It’s taken awhile, but I can’t argue with the outcome.
A federal judge in San Antonio has ruled that the state of Texas’ ID requirements for mail ballot applications are unconstitutional.
U.S. District Judge Xavier Rodriguez on Thursday found that the provisions in the state’s 2021 voter security law SB1 discriminate against voters with disabilities.
Mail-in voters are principally people over the age of 65 and people with disabilities. Since the law was enacted, many voters reported having their ballots rejected because they didn’t provide an ID number, or the number they provided did not match the one the state had on file.
“The problem with that is that many Texans have more than one department of public safety ID number,” said Victor Genecin, an attorney with the NAACP’s Legal Defense Fund. “So the first hurdle for a voter who’s applying for an absentee ballot is they may not know which number is in the election system. And even if they do know which number is in the election system and they put it in correctly, the election system may not have the number right.”
Genecin cited testimony at trial, where the Texas Secretary of State conceded that more than 650,000 registration records in their system were incorrect.
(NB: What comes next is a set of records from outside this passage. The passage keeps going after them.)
-- ===== src/Transcription/Retries/Tests.antt =====
-- Three failures, then a success.
use textify.Prelude.{ℕ, false, ◌≡◌, ◌↔◌, ltb, if◌then◌else◌}
use textify.Transcription.Retries.{
  done, raised, provider_error, Attempt, extract_info_with_retries, max_attempts,
}
use textify.Transcription.Retries.Attempts.{Succeeds, Exhausts, extract_info_with_retries-Succeeds}

abbrev world : ℕ → Attempt ℕ
world i = record {
  cancelled_before = false;
  now_before = i;
  outcome = if ltb i 3 then raised provider_error else done 7;
  cancelled_after = false;
  now_after = i;
}

extract_info_with_retries-Succeeds_example :
    ((extract_info_with_retries 20 world ≡ done 7) ↔ Succeeds 20 world max_attempts 0 7)
    × (extract_info_with_retries 20 world ≡ raised provider_error
        → Exhausts 20 world max_attempts 0)
extract_info_with_retries-Succeeds_example = extract_info_with_retries-Succeeds 20 world 7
He added that expert testimony at the trial estimated that more than 2 million people were unable to vote due to the ID restrictions.
The ruling ordered the Texas secretary of state to remove the requirements from mail-in ballot applications. However, the ruling came just weeks before Texas’ municipal elections, so they will remain in effect through May 3.
Judge Rodriguez also struck down provisions of SB1 that require those who assist voters to swear an oath under penalty of perjury.
“Normally when somebody says to you, ‘would you help me?’ you either step up to help them or you don’t. But you don’t say, you know, ‘what’s wrong with you? Why do you need help?’ You just help,” Genecin said. “And so the idea that that people who are disabled must explain why they’re unable to vote without assistance is offensive in itself.”
Genecin added that part of the oath is that the assister must swear to be understanding that if the voter turns out not to be eligible for assistance, then the vote could be invalidated.
“So it puts the assister in the position of having to evaluate whether the voter is eligible for assistance, and the word ‘eligible’ is not defined anywhere in the statute,’ he said.
This lawsuit was filed in September 2021, and recently its provisions on vote harvesting and certain bans on assisting voters were struck down as unconstitutional. The state has appealed those rulings and will surely appeal this one, where they get to be coddled by the Fifth Circuit. You do what you can and you hope for the best. A copy of the ruling is embedded in the story.